PROBLEM
Reproduce exactly, from the data that follows, the line with "wiki_refs = (record", the line with "-- daemon/proxy/resolver.go: from", and every line that lies between them.
---
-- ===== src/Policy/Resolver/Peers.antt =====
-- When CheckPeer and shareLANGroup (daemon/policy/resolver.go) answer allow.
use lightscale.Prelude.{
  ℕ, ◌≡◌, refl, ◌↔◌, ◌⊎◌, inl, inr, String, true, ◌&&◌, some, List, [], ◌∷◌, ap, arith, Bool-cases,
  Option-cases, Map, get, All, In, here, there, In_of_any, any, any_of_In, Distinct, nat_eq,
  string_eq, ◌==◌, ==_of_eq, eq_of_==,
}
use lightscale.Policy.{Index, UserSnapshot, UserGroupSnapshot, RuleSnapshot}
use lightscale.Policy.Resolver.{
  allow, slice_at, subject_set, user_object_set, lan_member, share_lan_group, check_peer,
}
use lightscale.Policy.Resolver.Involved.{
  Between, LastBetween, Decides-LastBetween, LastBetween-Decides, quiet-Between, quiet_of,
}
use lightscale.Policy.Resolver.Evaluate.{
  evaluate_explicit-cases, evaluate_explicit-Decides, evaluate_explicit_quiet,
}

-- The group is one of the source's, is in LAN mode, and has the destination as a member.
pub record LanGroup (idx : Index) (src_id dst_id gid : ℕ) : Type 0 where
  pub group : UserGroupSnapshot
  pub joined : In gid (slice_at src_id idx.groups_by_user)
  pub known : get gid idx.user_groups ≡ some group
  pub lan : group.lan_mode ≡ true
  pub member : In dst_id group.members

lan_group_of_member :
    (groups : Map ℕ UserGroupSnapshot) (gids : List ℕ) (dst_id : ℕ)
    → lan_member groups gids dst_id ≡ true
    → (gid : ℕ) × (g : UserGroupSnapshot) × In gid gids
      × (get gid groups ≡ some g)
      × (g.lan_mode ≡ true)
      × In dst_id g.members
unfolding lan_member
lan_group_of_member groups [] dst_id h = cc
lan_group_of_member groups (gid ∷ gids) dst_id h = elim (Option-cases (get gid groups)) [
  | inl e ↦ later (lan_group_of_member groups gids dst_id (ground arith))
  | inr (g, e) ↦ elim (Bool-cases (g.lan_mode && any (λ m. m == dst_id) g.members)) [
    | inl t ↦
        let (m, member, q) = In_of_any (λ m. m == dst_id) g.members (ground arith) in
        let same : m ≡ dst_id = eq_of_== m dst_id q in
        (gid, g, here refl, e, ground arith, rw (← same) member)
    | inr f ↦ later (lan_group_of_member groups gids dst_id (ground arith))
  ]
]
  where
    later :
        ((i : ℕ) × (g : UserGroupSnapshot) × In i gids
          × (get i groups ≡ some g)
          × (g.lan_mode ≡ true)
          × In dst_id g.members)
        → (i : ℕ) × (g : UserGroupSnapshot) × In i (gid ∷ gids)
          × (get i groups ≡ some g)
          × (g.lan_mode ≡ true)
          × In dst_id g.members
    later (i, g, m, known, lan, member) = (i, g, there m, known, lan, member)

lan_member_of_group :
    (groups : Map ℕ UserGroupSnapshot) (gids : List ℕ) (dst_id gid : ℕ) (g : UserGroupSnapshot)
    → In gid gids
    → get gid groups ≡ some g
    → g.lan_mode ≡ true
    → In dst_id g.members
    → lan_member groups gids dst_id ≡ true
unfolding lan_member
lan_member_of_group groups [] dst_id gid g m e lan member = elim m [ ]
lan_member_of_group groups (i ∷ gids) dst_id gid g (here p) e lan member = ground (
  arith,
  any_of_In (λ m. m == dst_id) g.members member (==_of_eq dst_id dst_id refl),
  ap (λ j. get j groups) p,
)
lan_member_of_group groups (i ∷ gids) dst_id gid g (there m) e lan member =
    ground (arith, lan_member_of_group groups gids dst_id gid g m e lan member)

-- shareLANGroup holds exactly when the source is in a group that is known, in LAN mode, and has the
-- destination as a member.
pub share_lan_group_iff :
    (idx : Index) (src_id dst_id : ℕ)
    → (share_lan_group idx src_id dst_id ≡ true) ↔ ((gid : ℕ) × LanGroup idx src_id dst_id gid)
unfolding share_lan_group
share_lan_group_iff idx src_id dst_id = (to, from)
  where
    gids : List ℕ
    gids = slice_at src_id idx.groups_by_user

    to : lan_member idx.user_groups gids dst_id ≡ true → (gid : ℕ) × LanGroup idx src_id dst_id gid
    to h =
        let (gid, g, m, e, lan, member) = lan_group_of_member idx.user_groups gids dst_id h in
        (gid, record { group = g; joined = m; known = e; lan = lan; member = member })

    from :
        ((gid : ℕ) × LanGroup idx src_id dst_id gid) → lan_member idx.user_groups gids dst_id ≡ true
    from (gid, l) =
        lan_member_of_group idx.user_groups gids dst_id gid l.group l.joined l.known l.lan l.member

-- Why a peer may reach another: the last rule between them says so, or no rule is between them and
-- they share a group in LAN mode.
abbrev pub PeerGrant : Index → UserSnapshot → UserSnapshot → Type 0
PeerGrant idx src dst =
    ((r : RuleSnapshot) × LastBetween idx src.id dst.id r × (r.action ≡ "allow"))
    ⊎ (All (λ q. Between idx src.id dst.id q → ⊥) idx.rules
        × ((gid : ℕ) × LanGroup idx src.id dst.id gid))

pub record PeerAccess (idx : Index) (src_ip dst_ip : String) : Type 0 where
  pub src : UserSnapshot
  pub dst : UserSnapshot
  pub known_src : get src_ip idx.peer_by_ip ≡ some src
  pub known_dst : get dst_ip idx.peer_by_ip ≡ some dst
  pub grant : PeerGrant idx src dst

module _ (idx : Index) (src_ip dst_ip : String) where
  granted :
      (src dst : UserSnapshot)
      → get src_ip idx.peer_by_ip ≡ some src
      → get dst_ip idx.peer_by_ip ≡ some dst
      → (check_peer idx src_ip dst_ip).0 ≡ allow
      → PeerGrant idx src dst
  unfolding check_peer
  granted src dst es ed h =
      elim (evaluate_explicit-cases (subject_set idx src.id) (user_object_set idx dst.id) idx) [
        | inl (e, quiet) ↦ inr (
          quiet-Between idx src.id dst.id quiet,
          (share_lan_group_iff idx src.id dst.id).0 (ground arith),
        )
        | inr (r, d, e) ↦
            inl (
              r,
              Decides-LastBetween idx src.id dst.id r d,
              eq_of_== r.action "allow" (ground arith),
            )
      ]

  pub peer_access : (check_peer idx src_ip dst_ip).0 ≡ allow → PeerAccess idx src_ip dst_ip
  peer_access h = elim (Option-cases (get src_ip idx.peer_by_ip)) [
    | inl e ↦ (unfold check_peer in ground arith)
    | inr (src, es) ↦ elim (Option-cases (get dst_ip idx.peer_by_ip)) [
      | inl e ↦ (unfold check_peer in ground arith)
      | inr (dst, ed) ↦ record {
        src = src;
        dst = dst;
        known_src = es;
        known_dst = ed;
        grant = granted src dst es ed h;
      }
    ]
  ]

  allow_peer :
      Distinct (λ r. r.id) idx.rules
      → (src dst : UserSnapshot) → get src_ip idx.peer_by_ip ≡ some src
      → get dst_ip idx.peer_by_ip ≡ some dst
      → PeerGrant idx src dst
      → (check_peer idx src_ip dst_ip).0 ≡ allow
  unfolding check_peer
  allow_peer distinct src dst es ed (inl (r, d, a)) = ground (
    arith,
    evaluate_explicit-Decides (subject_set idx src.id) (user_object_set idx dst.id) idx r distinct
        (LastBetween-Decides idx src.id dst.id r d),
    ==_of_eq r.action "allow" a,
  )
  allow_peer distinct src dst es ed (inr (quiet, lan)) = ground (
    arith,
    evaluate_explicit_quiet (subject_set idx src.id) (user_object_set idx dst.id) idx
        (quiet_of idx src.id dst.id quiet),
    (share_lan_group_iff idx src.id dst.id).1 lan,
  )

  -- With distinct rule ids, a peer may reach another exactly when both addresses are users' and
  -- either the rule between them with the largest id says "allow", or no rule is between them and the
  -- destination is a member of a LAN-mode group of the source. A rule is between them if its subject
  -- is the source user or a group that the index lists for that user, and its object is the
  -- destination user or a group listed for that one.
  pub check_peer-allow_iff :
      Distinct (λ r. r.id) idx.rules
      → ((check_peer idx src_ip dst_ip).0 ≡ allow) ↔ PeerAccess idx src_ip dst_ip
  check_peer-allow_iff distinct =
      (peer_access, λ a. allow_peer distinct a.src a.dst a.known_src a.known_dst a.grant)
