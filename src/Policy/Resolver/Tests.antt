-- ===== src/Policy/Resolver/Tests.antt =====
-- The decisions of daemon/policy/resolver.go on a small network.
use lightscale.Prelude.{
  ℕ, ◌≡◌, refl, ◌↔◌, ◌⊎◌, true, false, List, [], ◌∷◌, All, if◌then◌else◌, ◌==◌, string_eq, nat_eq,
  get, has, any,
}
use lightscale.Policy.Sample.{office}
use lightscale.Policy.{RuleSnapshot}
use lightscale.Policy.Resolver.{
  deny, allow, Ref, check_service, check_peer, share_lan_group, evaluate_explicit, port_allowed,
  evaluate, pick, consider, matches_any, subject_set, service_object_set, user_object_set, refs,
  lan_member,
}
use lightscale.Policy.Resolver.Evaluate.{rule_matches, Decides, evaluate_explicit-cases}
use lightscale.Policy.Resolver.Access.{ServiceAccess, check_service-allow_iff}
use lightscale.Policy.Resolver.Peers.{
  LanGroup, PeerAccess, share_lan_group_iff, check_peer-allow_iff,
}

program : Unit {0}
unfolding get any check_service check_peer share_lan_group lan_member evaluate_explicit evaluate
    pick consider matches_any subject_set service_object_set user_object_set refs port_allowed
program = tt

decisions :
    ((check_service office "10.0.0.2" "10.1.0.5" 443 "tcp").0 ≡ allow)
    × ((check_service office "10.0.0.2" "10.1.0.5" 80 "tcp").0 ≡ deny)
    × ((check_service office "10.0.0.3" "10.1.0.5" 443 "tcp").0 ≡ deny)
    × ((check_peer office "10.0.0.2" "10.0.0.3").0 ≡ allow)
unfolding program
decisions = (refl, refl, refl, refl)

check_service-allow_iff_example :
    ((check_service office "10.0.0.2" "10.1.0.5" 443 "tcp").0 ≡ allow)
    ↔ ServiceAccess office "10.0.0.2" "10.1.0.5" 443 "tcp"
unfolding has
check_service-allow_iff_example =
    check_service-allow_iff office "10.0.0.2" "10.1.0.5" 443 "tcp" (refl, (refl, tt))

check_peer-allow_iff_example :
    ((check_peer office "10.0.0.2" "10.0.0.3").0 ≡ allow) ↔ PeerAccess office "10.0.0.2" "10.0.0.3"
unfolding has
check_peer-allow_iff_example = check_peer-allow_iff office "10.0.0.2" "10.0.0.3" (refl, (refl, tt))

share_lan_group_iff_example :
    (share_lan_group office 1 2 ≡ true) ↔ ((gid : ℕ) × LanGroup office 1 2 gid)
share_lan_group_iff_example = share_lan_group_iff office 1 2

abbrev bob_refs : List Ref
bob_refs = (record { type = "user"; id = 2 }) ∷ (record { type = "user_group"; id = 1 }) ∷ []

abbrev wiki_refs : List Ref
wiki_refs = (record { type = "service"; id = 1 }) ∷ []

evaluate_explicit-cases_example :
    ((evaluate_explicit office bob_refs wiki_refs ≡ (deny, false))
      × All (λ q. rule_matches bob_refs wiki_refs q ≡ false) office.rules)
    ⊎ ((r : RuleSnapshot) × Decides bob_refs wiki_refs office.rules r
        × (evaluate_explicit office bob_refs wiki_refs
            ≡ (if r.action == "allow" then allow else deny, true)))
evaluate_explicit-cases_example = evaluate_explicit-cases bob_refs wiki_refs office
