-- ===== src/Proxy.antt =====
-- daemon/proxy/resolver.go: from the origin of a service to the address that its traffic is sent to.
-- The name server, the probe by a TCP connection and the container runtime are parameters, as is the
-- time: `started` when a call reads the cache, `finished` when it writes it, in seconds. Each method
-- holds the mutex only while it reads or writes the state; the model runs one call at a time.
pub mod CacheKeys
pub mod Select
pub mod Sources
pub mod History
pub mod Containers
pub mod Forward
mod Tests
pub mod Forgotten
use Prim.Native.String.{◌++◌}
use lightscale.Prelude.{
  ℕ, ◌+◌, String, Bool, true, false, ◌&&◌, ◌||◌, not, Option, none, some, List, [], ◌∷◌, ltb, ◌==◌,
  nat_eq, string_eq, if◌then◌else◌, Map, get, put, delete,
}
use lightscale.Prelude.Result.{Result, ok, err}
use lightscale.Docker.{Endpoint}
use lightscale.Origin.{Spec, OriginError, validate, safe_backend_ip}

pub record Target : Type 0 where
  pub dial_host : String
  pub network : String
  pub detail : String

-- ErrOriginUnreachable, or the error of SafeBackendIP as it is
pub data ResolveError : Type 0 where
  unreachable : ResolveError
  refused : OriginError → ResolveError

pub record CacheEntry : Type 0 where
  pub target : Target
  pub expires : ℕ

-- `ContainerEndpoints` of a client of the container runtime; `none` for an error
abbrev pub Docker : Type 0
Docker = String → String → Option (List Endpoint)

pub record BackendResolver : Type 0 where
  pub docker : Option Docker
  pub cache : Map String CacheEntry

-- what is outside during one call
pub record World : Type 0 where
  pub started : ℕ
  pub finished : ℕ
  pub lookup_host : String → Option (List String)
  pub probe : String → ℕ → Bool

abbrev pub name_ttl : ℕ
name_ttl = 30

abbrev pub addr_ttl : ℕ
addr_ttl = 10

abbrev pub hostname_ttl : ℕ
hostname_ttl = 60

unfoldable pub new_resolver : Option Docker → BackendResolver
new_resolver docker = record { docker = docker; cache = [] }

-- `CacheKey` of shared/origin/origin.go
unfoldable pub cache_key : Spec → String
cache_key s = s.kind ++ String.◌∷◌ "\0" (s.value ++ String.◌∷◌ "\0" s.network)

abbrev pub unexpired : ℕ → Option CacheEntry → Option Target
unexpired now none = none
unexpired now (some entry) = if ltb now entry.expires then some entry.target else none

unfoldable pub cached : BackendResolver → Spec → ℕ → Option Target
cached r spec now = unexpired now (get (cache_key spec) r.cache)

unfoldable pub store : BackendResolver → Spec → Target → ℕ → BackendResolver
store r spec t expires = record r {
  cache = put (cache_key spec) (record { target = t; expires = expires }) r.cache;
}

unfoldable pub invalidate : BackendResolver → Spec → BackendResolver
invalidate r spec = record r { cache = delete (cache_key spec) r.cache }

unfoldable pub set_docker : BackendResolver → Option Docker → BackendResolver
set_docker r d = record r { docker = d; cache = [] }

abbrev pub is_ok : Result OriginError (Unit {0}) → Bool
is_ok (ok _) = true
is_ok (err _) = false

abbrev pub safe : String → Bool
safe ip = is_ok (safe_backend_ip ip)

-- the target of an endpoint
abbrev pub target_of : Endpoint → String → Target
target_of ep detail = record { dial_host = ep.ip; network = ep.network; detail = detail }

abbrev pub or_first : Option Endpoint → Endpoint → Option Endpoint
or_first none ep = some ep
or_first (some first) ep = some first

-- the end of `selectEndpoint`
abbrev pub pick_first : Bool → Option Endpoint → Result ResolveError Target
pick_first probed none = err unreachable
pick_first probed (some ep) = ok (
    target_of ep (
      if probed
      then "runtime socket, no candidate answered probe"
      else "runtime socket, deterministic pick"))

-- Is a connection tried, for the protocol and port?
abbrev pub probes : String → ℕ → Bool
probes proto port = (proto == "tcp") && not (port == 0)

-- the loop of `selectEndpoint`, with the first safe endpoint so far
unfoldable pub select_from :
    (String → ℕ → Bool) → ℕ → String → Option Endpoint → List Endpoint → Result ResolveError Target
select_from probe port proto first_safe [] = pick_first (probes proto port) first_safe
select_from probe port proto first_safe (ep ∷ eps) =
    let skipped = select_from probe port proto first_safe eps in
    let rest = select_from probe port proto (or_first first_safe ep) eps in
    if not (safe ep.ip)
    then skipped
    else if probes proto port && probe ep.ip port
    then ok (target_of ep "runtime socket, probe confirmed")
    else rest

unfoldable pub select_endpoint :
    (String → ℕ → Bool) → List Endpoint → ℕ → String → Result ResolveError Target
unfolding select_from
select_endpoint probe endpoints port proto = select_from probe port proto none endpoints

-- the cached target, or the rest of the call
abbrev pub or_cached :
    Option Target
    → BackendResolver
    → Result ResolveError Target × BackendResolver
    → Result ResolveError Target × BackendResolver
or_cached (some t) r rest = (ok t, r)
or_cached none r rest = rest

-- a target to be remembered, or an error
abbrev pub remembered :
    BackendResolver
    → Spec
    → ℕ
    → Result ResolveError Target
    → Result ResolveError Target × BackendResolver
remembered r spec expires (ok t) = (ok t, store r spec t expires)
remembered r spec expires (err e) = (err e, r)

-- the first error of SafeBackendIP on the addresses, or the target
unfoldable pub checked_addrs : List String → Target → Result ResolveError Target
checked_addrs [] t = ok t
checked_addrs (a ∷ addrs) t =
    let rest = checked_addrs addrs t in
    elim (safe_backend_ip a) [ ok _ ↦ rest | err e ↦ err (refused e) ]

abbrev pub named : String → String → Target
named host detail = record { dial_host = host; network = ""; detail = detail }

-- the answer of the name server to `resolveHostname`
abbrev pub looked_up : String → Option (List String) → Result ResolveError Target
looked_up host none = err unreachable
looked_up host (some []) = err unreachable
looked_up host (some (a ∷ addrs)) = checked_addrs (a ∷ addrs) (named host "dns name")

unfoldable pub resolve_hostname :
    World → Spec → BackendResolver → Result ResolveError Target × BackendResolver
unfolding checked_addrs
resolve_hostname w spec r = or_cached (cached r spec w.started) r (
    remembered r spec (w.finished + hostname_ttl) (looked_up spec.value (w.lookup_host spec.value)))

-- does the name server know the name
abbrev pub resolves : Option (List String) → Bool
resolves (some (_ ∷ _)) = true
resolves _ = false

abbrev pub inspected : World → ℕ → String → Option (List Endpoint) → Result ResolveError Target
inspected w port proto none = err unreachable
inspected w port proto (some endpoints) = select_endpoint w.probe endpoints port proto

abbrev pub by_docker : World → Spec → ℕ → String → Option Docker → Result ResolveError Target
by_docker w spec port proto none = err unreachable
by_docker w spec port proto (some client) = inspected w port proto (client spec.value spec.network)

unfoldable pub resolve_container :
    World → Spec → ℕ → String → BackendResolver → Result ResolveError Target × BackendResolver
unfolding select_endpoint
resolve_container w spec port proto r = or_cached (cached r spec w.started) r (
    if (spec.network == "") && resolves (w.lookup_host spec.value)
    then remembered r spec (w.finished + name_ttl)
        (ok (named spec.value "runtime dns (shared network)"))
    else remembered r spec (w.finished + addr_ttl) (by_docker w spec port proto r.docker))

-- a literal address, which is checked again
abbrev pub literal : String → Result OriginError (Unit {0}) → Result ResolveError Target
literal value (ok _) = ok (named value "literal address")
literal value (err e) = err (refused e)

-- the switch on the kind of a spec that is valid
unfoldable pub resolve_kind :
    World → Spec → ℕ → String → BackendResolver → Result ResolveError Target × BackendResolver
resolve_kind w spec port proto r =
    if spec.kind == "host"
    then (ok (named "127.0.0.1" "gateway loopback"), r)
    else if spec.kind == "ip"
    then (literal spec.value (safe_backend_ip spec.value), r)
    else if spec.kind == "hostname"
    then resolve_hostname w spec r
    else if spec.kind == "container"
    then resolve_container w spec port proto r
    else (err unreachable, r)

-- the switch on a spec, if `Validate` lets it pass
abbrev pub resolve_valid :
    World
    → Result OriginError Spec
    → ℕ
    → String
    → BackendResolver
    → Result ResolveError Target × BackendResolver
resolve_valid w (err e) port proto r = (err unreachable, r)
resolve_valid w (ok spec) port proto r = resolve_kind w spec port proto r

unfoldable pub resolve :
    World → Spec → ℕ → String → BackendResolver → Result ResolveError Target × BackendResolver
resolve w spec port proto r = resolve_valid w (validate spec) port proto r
---
SOLUTION FOR THIS PROBLEM
wiki_refs = (record { type = "service"; id = 1 }) ∷ []

evaluate_explicit-cases_example :
    ((evaluate_explicit office bob_refs wiki_refs ≡ (deny, false))
      × All (λ q. rule_matches bob_refs wiki_refs q ≡ false) office.rules)
    ⊎ ((r : RuleSnapshot) × Decides bob_refs wiki_refs office.rules r
        × (evaluate_explicit office bob_refs wiki_refs
            ≡ (if r.action == "allow" then allow else deny, true)))
evaluate_explicit-cases_example = evaluate_explicit-cases bob_refs wiki_refs office
-- ===== src/Proxy.antt =====
-- daemon/proxy/resolver.go: from the origin of a service to the address that its traffic is sent to.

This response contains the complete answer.